Problem to work on -> Give the number of lines below that contain the word "arguments", and nothing else.

---------- Source material

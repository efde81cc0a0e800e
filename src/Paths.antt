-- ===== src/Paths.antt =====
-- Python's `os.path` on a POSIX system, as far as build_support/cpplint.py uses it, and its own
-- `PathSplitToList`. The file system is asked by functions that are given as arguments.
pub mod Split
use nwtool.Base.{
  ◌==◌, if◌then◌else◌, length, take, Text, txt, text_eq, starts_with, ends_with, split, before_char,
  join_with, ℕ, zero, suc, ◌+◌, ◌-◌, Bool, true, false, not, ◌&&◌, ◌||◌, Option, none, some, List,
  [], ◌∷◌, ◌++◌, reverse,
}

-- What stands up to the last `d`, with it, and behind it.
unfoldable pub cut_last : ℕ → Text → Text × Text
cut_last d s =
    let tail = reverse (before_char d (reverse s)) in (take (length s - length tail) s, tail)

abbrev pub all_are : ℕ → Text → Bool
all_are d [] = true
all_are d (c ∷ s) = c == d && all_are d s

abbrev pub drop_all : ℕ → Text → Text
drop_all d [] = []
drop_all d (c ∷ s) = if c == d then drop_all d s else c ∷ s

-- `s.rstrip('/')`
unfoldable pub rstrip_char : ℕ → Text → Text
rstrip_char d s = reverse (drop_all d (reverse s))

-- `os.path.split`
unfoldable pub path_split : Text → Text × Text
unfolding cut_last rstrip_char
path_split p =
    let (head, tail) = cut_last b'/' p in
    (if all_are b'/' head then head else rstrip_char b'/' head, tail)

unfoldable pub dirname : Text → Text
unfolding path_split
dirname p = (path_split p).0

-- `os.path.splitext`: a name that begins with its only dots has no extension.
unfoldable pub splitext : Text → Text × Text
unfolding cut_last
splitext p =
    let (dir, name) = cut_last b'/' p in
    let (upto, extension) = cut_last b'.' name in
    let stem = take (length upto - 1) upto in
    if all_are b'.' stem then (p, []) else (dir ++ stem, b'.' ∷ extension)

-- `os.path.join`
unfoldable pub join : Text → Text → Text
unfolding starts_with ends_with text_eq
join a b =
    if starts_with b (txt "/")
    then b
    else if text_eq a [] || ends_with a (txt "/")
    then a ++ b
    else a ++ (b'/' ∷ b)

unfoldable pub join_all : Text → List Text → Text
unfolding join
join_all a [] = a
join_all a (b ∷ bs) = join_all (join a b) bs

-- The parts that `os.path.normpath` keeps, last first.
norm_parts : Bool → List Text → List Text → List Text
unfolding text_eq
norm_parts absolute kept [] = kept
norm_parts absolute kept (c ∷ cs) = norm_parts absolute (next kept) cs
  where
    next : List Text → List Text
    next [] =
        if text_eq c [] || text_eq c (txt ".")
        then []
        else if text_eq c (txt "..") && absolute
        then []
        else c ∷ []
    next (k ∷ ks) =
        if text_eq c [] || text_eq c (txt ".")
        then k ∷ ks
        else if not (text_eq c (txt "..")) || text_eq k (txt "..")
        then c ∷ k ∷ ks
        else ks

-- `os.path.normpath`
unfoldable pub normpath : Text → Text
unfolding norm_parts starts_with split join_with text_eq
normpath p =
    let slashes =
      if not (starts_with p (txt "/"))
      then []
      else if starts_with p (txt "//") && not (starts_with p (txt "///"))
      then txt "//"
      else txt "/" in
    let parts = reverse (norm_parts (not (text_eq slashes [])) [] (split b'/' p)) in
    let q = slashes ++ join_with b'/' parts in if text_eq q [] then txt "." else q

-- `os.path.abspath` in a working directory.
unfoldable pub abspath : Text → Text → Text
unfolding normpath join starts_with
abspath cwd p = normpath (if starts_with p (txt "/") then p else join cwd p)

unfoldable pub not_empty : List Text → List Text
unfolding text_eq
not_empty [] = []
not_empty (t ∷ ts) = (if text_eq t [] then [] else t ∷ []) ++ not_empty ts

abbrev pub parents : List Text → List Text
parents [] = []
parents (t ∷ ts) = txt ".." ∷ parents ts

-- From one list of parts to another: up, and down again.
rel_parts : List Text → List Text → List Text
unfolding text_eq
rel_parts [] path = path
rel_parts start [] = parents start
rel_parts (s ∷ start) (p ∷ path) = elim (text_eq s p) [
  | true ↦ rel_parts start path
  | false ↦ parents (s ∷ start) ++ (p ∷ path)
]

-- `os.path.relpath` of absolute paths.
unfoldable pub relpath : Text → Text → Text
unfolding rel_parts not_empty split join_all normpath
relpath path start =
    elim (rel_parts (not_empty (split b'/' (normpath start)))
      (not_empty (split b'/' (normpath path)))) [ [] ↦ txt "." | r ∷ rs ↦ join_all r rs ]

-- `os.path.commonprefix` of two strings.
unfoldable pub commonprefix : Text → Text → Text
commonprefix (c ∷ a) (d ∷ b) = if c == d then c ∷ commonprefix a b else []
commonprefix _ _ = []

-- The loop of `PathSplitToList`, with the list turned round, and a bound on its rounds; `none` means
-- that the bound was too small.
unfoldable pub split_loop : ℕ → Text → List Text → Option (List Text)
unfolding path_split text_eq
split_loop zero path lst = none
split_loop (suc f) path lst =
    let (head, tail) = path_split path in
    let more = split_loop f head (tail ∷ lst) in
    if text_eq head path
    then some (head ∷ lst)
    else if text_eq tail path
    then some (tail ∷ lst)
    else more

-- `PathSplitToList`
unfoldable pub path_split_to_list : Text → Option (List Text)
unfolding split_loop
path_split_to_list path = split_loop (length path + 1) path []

--------------------
---------- Source material

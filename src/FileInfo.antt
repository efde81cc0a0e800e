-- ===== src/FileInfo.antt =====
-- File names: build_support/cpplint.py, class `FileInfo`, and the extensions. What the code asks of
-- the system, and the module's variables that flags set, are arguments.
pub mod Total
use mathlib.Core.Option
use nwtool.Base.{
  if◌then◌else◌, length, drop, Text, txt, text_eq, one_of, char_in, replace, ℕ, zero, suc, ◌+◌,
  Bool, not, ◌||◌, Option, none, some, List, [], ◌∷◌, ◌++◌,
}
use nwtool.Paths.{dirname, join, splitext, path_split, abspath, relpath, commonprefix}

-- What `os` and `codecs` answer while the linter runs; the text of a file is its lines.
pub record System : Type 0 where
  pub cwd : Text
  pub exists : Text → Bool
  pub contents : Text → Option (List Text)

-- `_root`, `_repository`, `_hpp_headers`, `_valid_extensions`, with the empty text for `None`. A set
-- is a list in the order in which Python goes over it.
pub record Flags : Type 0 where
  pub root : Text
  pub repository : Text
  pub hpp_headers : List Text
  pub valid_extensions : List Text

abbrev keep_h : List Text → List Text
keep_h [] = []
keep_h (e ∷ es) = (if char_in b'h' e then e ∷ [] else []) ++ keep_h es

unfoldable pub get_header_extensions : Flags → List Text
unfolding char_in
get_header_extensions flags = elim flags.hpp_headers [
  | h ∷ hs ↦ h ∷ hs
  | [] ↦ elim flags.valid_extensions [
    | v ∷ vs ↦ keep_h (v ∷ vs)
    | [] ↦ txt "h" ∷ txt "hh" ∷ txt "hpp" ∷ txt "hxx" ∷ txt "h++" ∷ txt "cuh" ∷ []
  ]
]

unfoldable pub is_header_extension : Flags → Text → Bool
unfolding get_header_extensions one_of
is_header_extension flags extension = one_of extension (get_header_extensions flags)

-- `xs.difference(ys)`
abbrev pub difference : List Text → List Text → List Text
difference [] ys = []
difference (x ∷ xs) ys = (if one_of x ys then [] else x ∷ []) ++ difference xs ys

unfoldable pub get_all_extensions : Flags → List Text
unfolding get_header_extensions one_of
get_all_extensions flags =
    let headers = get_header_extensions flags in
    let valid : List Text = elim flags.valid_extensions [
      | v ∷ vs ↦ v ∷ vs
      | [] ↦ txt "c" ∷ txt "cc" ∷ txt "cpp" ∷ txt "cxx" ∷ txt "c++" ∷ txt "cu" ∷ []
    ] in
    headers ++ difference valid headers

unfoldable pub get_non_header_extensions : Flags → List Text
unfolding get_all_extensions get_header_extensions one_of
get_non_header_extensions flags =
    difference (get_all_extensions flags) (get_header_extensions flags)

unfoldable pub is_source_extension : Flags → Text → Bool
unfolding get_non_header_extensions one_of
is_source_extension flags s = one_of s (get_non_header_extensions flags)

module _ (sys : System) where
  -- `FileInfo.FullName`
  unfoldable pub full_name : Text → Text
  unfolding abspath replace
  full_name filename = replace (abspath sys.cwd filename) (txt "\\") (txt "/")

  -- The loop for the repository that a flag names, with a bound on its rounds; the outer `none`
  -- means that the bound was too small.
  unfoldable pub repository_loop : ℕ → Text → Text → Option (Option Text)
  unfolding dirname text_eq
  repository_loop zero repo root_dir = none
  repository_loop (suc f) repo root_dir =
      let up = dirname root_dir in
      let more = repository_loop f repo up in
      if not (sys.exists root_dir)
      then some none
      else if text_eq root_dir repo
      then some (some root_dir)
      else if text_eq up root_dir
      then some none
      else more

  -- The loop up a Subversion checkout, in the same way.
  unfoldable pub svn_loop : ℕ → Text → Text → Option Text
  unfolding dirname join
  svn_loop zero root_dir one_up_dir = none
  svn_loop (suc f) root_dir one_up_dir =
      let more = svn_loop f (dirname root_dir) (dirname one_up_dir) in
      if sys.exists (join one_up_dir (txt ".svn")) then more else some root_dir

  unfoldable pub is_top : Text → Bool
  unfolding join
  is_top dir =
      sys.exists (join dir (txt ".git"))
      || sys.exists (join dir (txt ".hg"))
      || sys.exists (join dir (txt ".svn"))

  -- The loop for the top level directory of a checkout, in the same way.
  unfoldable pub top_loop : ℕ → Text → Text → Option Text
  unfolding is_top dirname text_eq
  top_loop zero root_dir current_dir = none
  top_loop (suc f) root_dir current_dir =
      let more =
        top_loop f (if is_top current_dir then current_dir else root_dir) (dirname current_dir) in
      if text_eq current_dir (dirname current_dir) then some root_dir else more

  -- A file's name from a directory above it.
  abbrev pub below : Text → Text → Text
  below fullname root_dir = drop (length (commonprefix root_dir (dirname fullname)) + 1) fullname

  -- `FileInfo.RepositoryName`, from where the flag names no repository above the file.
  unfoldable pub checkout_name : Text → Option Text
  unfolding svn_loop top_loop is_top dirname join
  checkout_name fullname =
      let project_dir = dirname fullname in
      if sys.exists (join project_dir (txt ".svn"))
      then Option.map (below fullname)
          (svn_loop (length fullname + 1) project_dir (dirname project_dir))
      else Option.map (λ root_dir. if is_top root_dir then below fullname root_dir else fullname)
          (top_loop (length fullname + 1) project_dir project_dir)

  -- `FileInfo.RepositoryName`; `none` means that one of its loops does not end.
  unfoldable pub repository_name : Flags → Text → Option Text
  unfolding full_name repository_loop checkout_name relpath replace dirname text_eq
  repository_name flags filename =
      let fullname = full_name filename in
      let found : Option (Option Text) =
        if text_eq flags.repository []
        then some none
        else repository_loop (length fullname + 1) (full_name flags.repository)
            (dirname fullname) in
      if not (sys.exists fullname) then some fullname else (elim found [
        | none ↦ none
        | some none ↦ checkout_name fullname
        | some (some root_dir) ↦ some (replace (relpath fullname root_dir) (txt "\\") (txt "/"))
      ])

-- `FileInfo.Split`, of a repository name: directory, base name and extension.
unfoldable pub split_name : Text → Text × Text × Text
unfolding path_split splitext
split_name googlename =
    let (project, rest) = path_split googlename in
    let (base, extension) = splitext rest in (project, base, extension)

--------------------
---------- Source material

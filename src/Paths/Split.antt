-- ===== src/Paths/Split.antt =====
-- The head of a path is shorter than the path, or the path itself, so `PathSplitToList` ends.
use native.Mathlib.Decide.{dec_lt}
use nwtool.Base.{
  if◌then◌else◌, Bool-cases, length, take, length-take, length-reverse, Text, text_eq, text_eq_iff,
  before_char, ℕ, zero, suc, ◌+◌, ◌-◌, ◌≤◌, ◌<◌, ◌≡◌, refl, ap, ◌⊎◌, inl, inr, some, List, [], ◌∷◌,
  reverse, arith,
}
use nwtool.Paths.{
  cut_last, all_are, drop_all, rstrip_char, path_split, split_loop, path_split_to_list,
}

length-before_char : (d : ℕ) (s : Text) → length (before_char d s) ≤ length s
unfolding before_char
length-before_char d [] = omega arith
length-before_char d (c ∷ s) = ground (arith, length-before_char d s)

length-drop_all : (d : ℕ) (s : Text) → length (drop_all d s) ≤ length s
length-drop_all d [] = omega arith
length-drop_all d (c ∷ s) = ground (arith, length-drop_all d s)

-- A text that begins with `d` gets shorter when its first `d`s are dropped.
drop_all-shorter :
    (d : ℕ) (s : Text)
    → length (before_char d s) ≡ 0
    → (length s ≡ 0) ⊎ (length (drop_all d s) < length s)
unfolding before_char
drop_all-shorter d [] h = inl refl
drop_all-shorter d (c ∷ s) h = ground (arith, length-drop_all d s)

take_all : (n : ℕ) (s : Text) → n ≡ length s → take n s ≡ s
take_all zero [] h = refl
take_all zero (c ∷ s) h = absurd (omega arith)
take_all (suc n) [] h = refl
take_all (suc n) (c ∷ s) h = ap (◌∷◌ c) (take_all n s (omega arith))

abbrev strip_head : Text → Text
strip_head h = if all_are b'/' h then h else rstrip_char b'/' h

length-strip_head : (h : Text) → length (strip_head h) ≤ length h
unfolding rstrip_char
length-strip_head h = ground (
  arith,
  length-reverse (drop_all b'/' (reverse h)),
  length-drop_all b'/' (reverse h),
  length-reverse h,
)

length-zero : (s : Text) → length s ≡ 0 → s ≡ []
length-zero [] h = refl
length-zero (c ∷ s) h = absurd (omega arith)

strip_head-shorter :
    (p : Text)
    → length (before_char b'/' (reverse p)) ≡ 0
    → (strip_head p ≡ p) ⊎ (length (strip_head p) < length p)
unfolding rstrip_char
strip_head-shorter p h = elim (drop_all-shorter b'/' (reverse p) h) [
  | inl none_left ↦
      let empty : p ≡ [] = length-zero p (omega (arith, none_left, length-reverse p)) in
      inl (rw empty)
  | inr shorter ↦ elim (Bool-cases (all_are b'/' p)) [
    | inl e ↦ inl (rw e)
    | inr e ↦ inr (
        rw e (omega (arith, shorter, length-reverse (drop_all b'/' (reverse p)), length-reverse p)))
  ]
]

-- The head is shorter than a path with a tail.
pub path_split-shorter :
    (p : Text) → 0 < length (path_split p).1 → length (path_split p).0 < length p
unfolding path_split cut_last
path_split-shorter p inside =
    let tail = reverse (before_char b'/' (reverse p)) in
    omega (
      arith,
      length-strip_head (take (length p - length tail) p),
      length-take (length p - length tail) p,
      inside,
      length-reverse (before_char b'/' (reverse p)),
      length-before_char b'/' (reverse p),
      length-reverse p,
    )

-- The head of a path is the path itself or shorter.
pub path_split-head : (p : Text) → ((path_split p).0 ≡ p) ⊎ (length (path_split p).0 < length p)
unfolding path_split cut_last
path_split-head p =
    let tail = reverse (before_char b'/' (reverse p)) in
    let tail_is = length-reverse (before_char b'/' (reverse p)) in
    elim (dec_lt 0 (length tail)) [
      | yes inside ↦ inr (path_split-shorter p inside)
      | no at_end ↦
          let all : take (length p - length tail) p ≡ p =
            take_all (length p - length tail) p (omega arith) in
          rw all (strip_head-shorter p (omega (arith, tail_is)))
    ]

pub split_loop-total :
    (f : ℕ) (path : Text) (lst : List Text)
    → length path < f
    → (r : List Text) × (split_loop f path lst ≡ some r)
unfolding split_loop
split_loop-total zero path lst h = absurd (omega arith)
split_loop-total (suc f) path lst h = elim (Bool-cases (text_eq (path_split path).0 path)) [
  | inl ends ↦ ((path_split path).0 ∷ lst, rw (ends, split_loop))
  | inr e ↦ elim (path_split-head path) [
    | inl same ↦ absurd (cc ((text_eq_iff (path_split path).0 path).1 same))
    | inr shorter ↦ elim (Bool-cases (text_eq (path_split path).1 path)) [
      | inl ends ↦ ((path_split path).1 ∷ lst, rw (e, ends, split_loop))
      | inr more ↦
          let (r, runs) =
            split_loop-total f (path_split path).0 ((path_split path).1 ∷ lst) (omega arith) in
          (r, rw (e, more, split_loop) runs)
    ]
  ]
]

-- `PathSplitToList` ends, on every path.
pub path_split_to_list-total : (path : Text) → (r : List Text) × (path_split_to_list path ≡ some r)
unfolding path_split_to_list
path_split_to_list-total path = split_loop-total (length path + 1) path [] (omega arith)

--------------------

Response to this task -> 2